India apre le porte all'olio d'oliva

5 Novembre 2009

New Delhi, 4 aprile 2008 -. Le virtù salutari dell'olio d'oliva hanno convinto le autorità indiane per ridurre le tariffe al 7,5 per cento, ma rimane la sfida di presentare il prodotto ai consumatori nel Paese asiatico.
"In India c'è una tendenza a porre tariffe elevate sui beni di lusso in questione, come l'olio d'oliva. Ma mentre l'olio è molto sano, quindi ne abbiamo discusso in particolare ", ha detto a EFE il vicepresidente della Planning Commission (PC), Montek Singh Ahluwalia.
Finora, l'olio vergine di oliva è stato tassato con una tariffa del 45 per cento, mentre l'imposta sugli oli di oliva raffinati e lozione era del 40 per cento, ben al di sopra di altri tipi di olio.
"In precedenza, il consumo di olio d'oliva è stato ignorato e, a causa delle imposte, è stato limitato all'elite, perché il consumatore medio era troppo costoso", ha detto dopo aver appreso della decisione del presidente della Association of India Olive (OIA , le iniziali in inglese), VN Dalmia.
Con le tariffe in vigore fino ad oggi, un litro di olio d'oliva potrebbe costare nella capitale indiana di circa 720 rupie (11.48 euro), anche se la OIA attende ora i prezzi a scendere di circa il 15 per cento.
Questa associazione, che rappresenta gli importatori e distributori del settore, aveva ripetutamente chiesto al governo la rimozione delle tariffe con l'argomento duale che è un cibo "sano" e che non vi sono produttori indiani.
"E 'il mondo di cottura più sana, con una protezione senza eguali contro le malattie cardiovascolari", ha detto Dalmia, in un paese in cui cinquanta milioni di persone hanno problemi cardiaci.
Ma oltre a prezzi più bassi e le loro virtù su carta, la nuova sfida di fronte a importatori è quello di introdurre l'olio d'oliva tra le classi medie, in quanto il prodotto è stato finora appannaggio dei ricchi.

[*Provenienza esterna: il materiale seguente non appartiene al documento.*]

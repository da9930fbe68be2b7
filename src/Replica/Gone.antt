-- ===== src/Replica/Gone.antt =====
-- Runs of an engine after a node has left, in dstate/src/engine.rs.
use dstate.Base.{
  String, ◌≡◌, ◌≢◌, refl, ap, ◌∙◌, subst, false, Option, none, some, inl, inr, List, [], ◌∷◌, ◌==◌,
  eq_iff, eq_refl, arith, Bool-cases, Option-cases,
}
use dstate.HashMap
use dstate.HashMap.Laws.{get-insert, get-remove}
use dstate.Types.Envelope.{NodeId, Clock}
use dstate.Types.Generation.{Generation}
use dstate.Types.Message.{
  Bytes, full_snapshot, delta_update, request_snapshot, WireMessage, sync, feed,
}
use dstate.ViewMap.Each.{some_injective}
use dstate.Shard.State.{get_view}
use dstate.SyncLogic.{SyncAction, broadcast_snapshot, should_periodic_sync}
use dstate.ChangeFeed.{route_inbound_batch}
use dstate.Lifecycle
use dstate.Lifecycle.{LifecycleLogic, should_accept_from, is_departed}
use dstate.Engine.State.{Engine, EngineAction, own_view_value}
use dstate.Engine.Outbound.{
  sync_action_to_engine_actions_snapshot, sync_action_to_engine_actions_delta, mutate,
  mutate_with_delta, flush_change_feed, periodic_sync, broadcast_own,
}
use dstate.Engine.Inbound.{
  reply_own, handle_request_snapshot, handle_inbound_sync, handle_inbound_change_feed,
  handle_inbound, feed_entry, feed_entries,
}
use dstate.Engine.Cluster.{on_node_joined, on_node_left}
use dstate.Engine.Events.{
  Event, mutates, mutates_with_delta, receives, flushes, joins, leaves, syncs, step, run, onward,
}
use dstate.Engine.Shards.{handle_full_snapshot-shard, handle_delta_update-shard, feed_entry-shard}
use dstate.Engine.Keeps.{WellFormed}
use dstate.Engine.Valid.{departed-IsValid}
use dstate.Shard.Frame.{on_node_left-Frame}
use dstate.Engine.Invariant.{step-Keeps}

accepts-left :
    (n m : NodeId) (l : LifecycleLogic)
    → should_accept_from n l ≡ false
    → should_accept_from n (record { departed_nodes = HashMap.insert m tt l.departed_nodes })
      ≡ false
unfolding should_accept_from is_departed HashMap.contains_key
accepts-left n m l h = ground (arith, eq_iff m n, get-insert m n tt l.departed_nodes)

accepts_self :
    (n : NodeId) (l : LifecycleLogic)
    → should_accept_from n (record { departed_nodes = HashMap.insert n tt l.departed_nodes })
      ≡ false
unfolding should_accept_from is_departed HashMap.contains_key
accepts_self n l = rw (get-insert n n tt l.departed_nodes, eq_refl n)

accepts-joined :
    (n m : NodeId) (l : LifecycleLogic)
    → m ≢ n
    → should_accept_from n l ≡ false
    → should_accept_from n (record { departed_nodes = HashMap.remove m l.departed_nodes }) ≡ false
unfolding should_accept_from is_departed HashMap.contains_key
accepts-joined n m l other h = ground (arith, eq_iff m n, get-remove m n l.departed_nodes)

module _ {S V : Type 0} (n : NodeId) where
  abbrev Away : Engine S V → Type 0
  Away e = should_accept_from n e.lifecycle ≡ false

  abbrev StaysAway : Option (Engine S V × List EngineAction) → Type 0
  StaysAway none = Unit
  StaysAway (some q) = Away q.0

  reply_own-StaysAway :
      (m : NodeId) (o : Option V) (e : Engine S V) → Away e → StaysAway (reply_own m o e)
  reply_own-StaysAway m none e h = tt
  reply_own-StaysAway m (some v) e h = h

  broadcast_own-StaysAway : (o : Option V) (e : Engine S V) → Away e → StaysAway (broadcast_own o e)
  broadcast_own-StaysAway none e h = tt
  broadcast_own-StaysAway (some v) e h = h

  handle_request_snapshot-StaysAway :
      (name : String) (requester : NodeId) (e : Engine S V)
      → Away e
      → StaysAway (handle_request_snapshot name requester e)
  unfolding handle_request_snapshot
  handle_request_snapshot-StaysAway name requester e h = elim (Bool-cases (name == e.state_name)) [
    | inr other ↦ rw other h
    | inl own ↦ elim (Bool-cases (should_accept_from requester e.lifecycle)) [
      | inr departed ↦ rw (own, departed) h
      | inl present ↦ rw (own, present) (reply_own-StaysAway requester _ e h)
    ]
  ]

  feed_entries-Away :
      (entries : List (String × NodeId × Generation)) (e : Engine S V)
      → Away e
      → Away (feed_entries entries e)
  unfolding feed_entries
  feed_entries-Away [] e h = h
  feed_entries-Away (entry ∷ rest) e h =
      feed_entries-Away rest (feed_entry entry e) (feed_entry-shard Away (λ d r p. p) entry e h h)

  handle_inbound-StaysAway :
      (clock : Clock) (msg : WireMessage) (e : Engine S V)
      → Away e
      → StaysAway (handle_inbound clock msg e)
  unfolding handle_inbound handle_inbound_sync handle_inbound_change_feed
  handle_inbound-StaysAway clock (sync (full_snapshot name source g w bytes)) e h =
      handle_full_snapshot-shard Away (λ d r p. p) clock name source g w bytes e h h
        (λ v present read. h)
  handle_inbound-StaysAway clock (sync (delta_update name source g w bytes)) e h =
      handle_delta_update-shard Away (λ d r p. p) clock name source g w bytes e h h
        (λ applier current v a c made. h)
  handle_inbound-StaysAway clock (sync (request_snapshot name requester)) e h =
      handle_request_snapshot-StaysAway name requester e h
  handle_inbound-StaysAway clock (feed batch) e h =
      feed_entries-Away (route_inbound_batch batch e.shard.node_id) e h

  sent_snapshot-Away :
      (a : SyncAction) (view : V) (e : Engine S V)
      → Away e
      → Away (sync_action_to_engine_actions_snapshot a view e).0
  unfolding sync_action_to_engine_actions_snapshot
  sent_snapshot-Away broadcast_snapshot view e h = h
  sent_snapshot-Away _ view e h = h

  sent_delta-Away :
      {VD : Type 0} (a : SyncAction) (view : V) (d : VD) (f : VD → Bytes) (e : Engine S V)
      → Away e
      → Away (sync_action_to_engine_actions_delta a view d f e).0
  unfolding sync_action_to_engine_actions_delta
  sent_delta-Away broadcast_snapshot view d f e h = h
  sent_delta-Away _ view d f e h = h

  periodic_sync-StaysAway : (e : Engine S V) → Away e → StaysAway (periodic_sync e)
  unfolding periodic_sync
  periodic_sync-StaysAway e h = elim (Bool-cases (should_periodic_sync e.sync_logic)) [
    | inl on ↦ rw on (broadcast_own-StaysAway (own_view_value e) e h)
    | inr off ↦ rw off h
  ]

  -- The call is not a join of the node.
  abbrev pub NotRejoined : {DC VD : Type 0} → Event S V DC VD → Type 0
  NotRejoined (joins clock m v) = m ≢ n
  NotRejoined _ = Unit

  abbrev pub NoneRejoined : {DC VD : Type 0} → List (Event S V DC VD) → Type 0
  NoneRejoined [] = Unit
  NoneRejoined (event ∷ events) = NotRejoined event × NoneRejoined events

  stays :
      (o : Option (Engine S V × List EngineAction)) (q : Engine S V × List EngineAction)
      → o ≡ some q
      → StaysAway o
      → Away q.0
  stays none q p h = cc
  stays (some q') q p h =
      subst (λ (x : Engine S V × List EngineAction). Away x.0) (some_injective p) h

  no_view :
      (e : Engine S V) → n ≢ e.shard.node_id → WellFormed e → Away e → get_view n e.shard ≡ none
  unfolding get_view
  no_view e other valid away = elim (Option-cases (get_view n e.shard)) [
    | inl nothing ↦ nothing
    | inr (vo, held) ↦ elim (valid.sound.at n vo held).2 [
      | inl accepts ↦ cc
      | inr self ↦ absurd (other self)
    ]
  ]

  module _ {DC VD : Type 0} where
    step-StaysAway :
        (event : Event S V DC VD) (e : Engine S V)
        → NotRejoined event
        → Away e
        → StaysAway (step event e)
    unfolding step flush_change_feed mutate mutate_with_delta on_node_joined on_node_left
        Lifecycle.on_node_joined Lifecycle.on_node_left
    step-StaysAway (mutates clock f p urgency) e other h = sent_snapshot-Away _ _ _ h
    step-StaysAway (mutates_with_delta clock f p q urgency b) e other h =
        sent_delta-Away _ _ _ b _ h
    step-StaysAway (receives clock msg) e other h = handle_inbound-StaysAway clock msg e h
    step-StaysAway flushes e other h = h
    step-StaysAway (joins clock m v) e other h =
        reply_own-StaysAway m _ _ (accepts-joined n m e.lifecycle other h)
    step-StaysAway (leaves m) e other h = accepts-left n m e.lifecycle h
    step-StaysAway syncs e other h = periodic_sync-StaysAway e h

    run-Away :
        (events : List (Event S V DC VD)) (e : Engine S V)
        → WellFormed e
        → NoneRejoined events
        → Away e
        → (r : Engine S V) × (run events e ≡ some r)
          × WellFormed r
          × (r.shard.node_id ≡ e.shard.node_id)
          × Away r
    unfolding run
    run-Away [] e valid other h = (e, refl, valid, refl, h)
    run-Away (event ∷ events) e valid other h =
        let k = step-Keeps event e valid in
        let (r, ran, valid', node, away) =
          run-Away events k.result.0 k.well_formed other.1
            (stays _ k.result k.returns (step-StaysAway event e other.0 h)) in
        (r, ap (onward (run events)) k.returns ∙ ran, valid', node ∙ k.same_node, away)

-- A well-formed engine is told that another node has left. Whatever calls follow, with whatever late
-- messages and feeds, the engine runs without a panic, and as long as none of the calls is a join of
-- that node it holds no view of it.
pub run-stays_gone :
    {S V DC VD : Type 0} (n : NodeId) (events : List (Event S V DC VD)) (e : Engine S V)
    → n ≢ e.shard.node_id
    → WellFormed e
    → NoneRejoined n events
    → (r : Engine S V) × (run (leaves n ∷ events) e ≡ some r) × (get_view n r.shard ≡ none)
unfolding run step on_node_left Lifecycle.on_node_left
run-stays_gone n events e other valid none_rejoins =
    let node : (on_node_left n e).shard.node_id ≡ e.shard.node_id =
      (on_node_left-Frame n e.shard).0 in
    let (r, ran, still, same, away) =
      run-Away n events (on_node_left n e) (departed-IsValid e.lifecycle n e.shard valid)
        none_rejoins (accepts_self n e.lifecycle) in
    (r, ran, no_view n r (λ self. other (self ∙ same ∙ node)) still away)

"Il problema principale non è quello delle tasse, ma le persone continuano a non vedere i benefici di consumo", ha detto Sudhir Nayar Efe, il rappresentante in India della compagnia petrolifera italiana Bertolli.
Consumatori indiani limitare l'uso di condimento di olio d'oliva insalata e come cosmetico per la cura della pelle, ma sono ancora fuori per fare una panoramica delle altre varietà più tipiche, come ad esempio olio di palma idrogenato ("vanaspati") male per il colesterolo.

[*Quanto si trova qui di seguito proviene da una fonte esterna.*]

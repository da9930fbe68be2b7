-- ===== src/Examples/Runs.antt =====
-- Runs of the two nodes, and the theorems on runs applied to them.
use dstate.Base.{
  ℕ, String, suc, ◌+◌, ◌%◌, ◌^◌, ◌≡◌, ◌≢◌, refl, false, none, some, List, [], ◌∷◌, inl, arith, ap,
  ◌∙◌, ◌==◌, eq_iff,
}
use dstate.Types.Config.{SyncUrgency}
use dstate.Types.Envelope.{NodeId}
use dstate.Types.Errors.{Result, ok}
use dstate.Types.Generation
use dstate.Types.Generation.{Generation}
use dstate.Types.Message.{full_snapshot, delta_update, request_snapshot, sync, feed}
use dstate.ViewMap.Each.{Each, Each-new, some_injective}
use dstate.Shard.State as ShardState
use dstate.Shard.State.{new_state_object, get_view}
use dstate.Shard.Membership.{on_node_joined}
use dstate.Shard.Inbound.{accept_inbound_snapshot}
use dstate.Engine.State
use dstate.Engine.State.{Engine, InboundDeltaApplierFn}
use dstate.Engine.Keeps.{WellFormed}
use dstate.Engine.Valid.{new-IsValid}
use dstate.Engine.Events.{Event, mutates, receives, flushes, joins, leaves, syncs, run}
use dstate.Engine.Invariant.{run-WellFormed}
use dstate.Replica.Consistency.{IsTrue, Follows}
use dstate.Replica.History.{run-IsTrue, AllHonest}
use dstate.Replica.Gone.{run-stays_gone, NoneRejoined}
use dstate.Examples.Nodes.{clock_1, clock_2, engine_b, lone_b, engine_b-WellFormed}

-- The counter of `a` at age `n`, a `u64`, is 7 + n.
abbrev Counted : NodeId → Generation → ℕ → Type 0
Counted j g v = v ≡ 7 + g.age % 2 ^ 64

-- A late snapshot, one that arrives twice, a join, a mutation, a feed and a departure.
abbrev events : List (Event ℕ ℕ ℕ ℕ)
events =
    receives clock_1 (sync (full_snapshot "counter" "a" (Generation.new 1000 3) 1 (10 ∷ [])))
    ∷ receives clock_2 (sync (full_snapshot "counter" "a" (Generation.new 1000 2) 1 (9 ∷ [])))
    ∷ receives clock_2 (sync (full_snapshot "counter" "a" (Generation.new 1000 3) 1 (10 ∷ [])))
    ∷ joins clock_2 "c" 0
    ∷ mutates clock_2 suc (λ n. n) SyncUrgency.immediate
    ∷ receives clock_2 (sync (request_snapshot "counter" "a"))
    ∷ receives clock_2 (feed (record { source_node = "a"; notifications = [] }))
    ∷ flushes
    ∷ syncs
    ∷ leaves "c"
    ∷ []

run-WellFormed_example :
    (r : Engine ℕ ℕ) × (run events engine_b ≡ some r)
    × WellFormed r
    × (r.shard.node_id ≡ engine_b.shard.node_id)
run-WellFormed_example = run-WellFormed events engine_b engine_b-WellFormed

-- A snapshot at age 3, the same again, the delta of age 4 and a departure.
abbrev told : List (Event ℕ ℕ ℕ ℕ)
told =
    joins clock_1 "a" 0
    ∷ receives clock_1 (sync (full_snapshot "counter" "a" (Generation.new 1000 3) 1 (10 ∷ [])))
    ∷ receives clock_2 (sync (full_snapshot "counter" "a" (Generation.new 1000 3) 1 (10 ∷ [])))
    ∷ receives clock_2 (sync (delta_update "counter" "a" (Generation.new 1000 4) 1 (1 ∷ [])))
    ∷ leaves "c"
    ∷ []

ok_injective : {E : Type 0} (m n : ℕ) (r : Result E ℕ) → r ≡ ok m → r ≡ ok n → m ≡ n
ok_injective m n r d e = cc

differ : (x y : String) → (x == y) ≡ false → x ≢ y
differ x y e same = ground (arith, eq_iff x y)

lone_b-WellFormed : WellFormed lone_b
unfolding State.new new_state_object
lone_b-WellFormed = new-IsValid lone_b.lifecycle "b" _ _ clock_1

lone_b-IsTrue : Each (IsTrue Counted lone_b.shard.node_id) lone_b.shard.views
unfolding State.new ShardState.new
lone_b-IsTrue = Each-new "b" _ (inl refl)

snapshot_counted :
    (v : ℕ) → lone_b.deserialize_view (10 ∷ []) 1 ≡ ok v → Counted "a" (Generation.new 1000 3) v
unfolding State.new
snapshot_counted v e = cc

delta_counted :
    (applier : InboundDeltaApplierFn ℕ) (old : Generation) (v v' : ℕ)
    → lone_b.inbound_delta_applier ≡ some applier
    → Follows (Generation.new 1000 4) old
    → Counted "a" old v
    → applier (1 ∷ []) 1 v ≡ ok v'
    → Counted "a" (Generation.new 1000 4) v'
unfolding State.new
delta_counted applier old v v' same (inc, age) counted made =
    let sum =
      ok_injective (v + 1) v' _ refl
        (ap (λ (f : InboundDeltaApplierFn ℕ). f (1 ∷ []) 1 v) (some_injective same) ∙ made) in
    omega (arith, sum, counted, age)

told-AllHonest : AllHonest Counted lone_b told
told-AllHonest =
    (tt, (snapshot_counted, (snapshot_counted, ((omega arith, delta_counted), (tt, tt)))))

run-IsTrue_example :
    (r : Engine ℕ ℕ) × (run told lone_b ≡ some r)
    × Each (IsTrue Counted r.shard.node_id) r.shard.views
run-IsTrue_example = run-IsTrue Counted told lone_b lone_b-WellFormed lone_b-IsTrue told-AllHonest

events-NoneRejoined : NoneRejoined "a" events
events-NoneRejoined =
    (tt, (tt, (tt, (differ "c" "a" refl, (tt, (tt, (tt, (tt, (tt, (tt, tt))))))))))

a_is_not_b : "a" ≢ engine_b.shard.node_id
unfolding State.new ShardState.new accept_inbound_snapshot on_node_joined
a_is_not_b = differ "a" "b" refl

run-stays_gone_example :
    (r : Engine ℕ ℕ) × (run (leaves "a" ∷ events) engine_b ≡ some r) × (get_view "a" r.shard ≡ none)
run-stays_gone_example =
    run-stays_gone "a" events engine_b a_is_not_b engine_b-WellFormed events-NoneRejoined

"Non ha senso per ridurre le tariffe meno sani oli e non la tassa sul petrolio. Perché la gente normale potrebbe consumare oli di qualità solo più bassi, mentre l'olio d'oliva era nelle mani dei ricchi ", il vice presidente ha assunto la Commissione di pianificazione.
Con la decisione di abbassare le tariffe, l'India si è spostato avanti di altri paesi asiatici come la Cina, che applica una tariffa del 10 per cento e Taiwan e Corea del Sud, che importa tassati 8 per cento.
Inoltre, l'ambito 7,5 per cento anche dare le ali ad un mercato che sta crescendo rapidamente: nel 2007, India ha importato 23.000 tonnellate di olio d'oliva, e nel 2012 si prevede un aumento del 80 per cento raggiungere 42.000 tonnellate.
Questo punto di vista è quello che ha portato alla Sojivit società spagnola di entrare nel mercato indiano con tutte le conseguenze: in crescita olio biologico nella regione indiana del Himachal Pradesh (nord) e iniziare a commercializzare nel 2012.
Anche se le condizioni climatiche dell'India rendono difficile produrre un olio di qualità da Sojivit pretesa di avere prove soddisfacenti e un promemoria che gli alberi britannici e oliveti piantati quando il paese era una colonia britannica.
E l'idea viene accolta dalle autorità.
"Con la globalizzazione, la gente sta cominciando ad amare cose del genere. Così qui dovremmo anche essere in grado di produrre olio di oliva, ogni volta che troviamo il luogo in cui possano crescere le olive ", ha detto Montek Singh Ahliwalia.